* [YOUR ASSIGNMENT]: Search the entries for lines that contain the word "panicked", and report each one found.

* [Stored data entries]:
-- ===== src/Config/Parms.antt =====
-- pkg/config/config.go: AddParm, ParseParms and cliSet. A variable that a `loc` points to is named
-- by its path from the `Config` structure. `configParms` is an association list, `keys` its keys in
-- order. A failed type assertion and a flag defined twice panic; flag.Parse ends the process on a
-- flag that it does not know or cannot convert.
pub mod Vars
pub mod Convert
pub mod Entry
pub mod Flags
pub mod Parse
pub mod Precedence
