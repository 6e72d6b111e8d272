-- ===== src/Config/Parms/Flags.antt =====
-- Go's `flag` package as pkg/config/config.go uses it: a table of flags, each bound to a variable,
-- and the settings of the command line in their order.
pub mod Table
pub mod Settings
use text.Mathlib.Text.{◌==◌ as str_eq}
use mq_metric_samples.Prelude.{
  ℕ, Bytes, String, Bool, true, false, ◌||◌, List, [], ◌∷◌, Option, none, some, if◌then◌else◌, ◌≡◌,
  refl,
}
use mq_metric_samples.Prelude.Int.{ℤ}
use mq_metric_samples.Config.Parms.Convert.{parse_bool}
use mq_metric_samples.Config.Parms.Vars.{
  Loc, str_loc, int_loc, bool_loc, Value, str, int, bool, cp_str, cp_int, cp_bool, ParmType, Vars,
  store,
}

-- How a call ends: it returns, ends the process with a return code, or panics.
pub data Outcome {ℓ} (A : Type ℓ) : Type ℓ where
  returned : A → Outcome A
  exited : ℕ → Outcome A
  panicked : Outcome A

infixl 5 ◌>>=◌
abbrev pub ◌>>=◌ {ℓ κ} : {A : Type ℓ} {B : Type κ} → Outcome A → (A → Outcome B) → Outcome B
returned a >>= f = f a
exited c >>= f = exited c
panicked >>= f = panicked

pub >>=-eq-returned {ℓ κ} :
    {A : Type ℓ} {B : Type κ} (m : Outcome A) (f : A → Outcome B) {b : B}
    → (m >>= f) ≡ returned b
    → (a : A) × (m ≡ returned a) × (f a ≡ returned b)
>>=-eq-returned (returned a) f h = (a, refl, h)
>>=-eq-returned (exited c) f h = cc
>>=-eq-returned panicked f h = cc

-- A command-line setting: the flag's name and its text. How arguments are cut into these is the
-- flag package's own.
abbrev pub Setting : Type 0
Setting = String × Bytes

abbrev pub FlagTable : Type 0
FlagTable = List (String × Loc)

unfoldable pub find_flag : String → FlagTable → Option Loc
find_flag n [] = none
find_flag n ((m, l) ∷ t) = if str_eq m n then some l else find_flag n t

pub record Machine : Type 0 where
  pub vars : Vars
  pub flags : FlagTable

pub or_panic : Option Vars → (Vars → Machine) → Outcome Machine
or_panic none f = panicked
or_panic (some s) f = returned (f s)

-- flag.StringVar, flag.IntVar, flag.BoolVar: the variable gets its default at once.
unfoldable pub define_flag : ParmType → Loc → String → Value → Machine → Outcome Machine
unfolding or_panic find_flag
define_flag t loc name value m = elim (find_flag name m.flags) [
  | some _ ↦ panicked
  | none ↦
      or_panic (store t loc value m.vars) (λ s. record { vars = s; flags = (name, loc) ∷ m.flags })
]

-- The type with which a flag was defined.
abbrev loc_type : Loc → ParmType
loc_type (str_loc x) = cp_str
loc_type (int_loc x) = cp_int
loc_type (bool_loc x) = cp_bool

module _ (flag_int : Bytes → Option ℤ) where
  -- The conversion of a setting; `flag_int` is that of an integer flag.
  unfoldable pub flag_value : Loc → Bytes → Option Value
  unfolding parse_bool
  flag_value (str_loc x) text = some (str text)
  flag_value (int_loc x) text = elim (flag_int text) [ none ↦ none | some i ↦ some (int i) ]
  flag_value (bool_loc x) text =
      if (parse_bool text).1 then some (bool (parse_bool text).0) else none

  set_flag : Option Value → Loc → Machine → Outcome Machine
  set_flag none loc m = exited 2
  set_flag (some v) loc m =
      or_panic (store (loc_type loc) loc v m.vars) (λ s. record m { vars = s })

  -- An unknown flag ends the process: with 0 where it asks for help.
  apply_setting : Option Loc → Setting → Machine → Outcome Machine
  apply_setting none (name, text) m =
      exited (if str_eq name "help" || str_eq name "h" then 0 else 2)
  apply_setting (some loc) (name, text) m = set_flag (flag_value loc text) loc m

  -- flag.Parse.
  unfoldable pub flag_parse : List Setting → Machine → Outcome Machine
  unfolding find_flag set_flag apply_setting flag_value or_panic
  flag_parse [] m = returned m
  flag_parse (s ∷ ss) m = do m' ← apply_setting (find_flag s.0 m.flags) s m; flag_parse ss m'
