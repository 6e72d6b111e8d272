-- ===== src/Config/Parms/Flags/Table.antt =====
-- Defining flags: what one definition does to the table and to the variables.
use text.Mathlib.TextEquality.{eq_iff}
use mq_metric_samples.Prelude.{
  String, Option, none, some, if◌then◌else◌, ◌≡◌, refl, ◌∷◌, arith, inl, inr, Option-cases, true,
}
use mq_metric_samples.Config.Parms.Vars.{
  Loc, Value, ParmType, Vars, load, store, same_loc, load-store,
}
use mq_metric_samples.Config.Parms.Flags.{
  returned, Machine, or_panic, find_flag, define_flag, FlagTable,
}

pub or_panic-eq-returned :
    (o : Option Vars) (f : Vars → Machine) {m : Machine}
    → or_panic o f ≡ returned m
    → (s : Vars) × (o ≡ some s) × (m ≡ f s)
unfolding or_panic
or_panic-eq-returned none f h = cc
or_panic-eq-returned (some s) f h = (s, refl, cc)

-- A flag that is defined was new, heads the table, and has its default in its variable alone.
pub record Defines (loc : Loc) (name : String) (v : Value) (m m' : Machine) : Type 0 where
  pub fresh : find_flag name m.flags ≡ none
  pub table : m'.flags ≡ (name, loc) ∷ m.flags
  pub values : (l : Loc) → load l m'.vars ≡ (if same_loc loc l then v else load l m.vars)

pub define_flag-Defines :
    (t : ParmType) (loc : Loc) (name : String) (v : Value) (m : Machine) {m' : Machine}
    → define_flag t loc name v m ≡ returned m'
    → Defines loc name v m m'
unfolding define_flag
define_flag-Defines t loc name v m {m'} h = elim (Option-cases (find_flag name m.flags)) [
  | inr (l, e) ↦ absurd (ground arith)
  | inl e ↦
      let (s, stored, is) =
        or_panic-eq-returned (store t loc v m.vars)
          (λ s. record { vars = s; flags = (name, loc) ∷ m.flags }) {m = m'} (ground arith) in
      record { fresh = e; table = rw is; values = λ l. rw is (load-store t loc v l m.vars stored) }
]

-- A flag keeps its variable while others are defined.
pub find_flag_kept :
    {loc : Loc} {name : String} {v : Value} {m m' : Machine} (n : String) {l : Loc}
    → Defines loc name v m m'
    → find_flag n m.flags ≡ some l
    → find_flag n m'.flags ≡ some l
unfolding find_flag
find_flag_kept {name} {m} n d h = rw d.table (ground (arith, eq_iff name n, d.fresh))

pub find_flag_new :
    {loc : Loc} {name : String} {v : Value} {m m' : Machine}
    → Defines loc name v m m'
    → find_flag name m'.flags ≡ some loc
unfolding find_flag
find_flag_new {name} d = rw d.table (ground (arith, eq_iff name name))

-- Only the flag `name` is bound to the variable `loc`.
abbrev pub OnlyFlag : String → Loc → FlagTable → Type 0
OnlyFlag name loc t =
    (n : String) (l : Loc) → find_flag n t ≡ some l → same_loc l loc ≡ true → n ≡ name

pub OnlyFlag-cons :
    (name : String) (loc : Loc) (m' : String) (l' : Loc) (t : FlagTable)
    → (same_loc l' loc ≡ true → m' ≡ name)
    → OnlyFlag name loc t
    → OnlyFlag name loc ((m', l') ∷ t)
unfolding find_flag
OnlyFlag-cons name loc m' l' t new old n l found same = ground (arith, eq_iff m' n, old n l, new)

* [REPLY]:
  panicked : Outcome A
panicked >>= f = panicked
>>=-eq-returned panicked f h = cc
or_panic none f = panicked
  | some _ ↦ panicked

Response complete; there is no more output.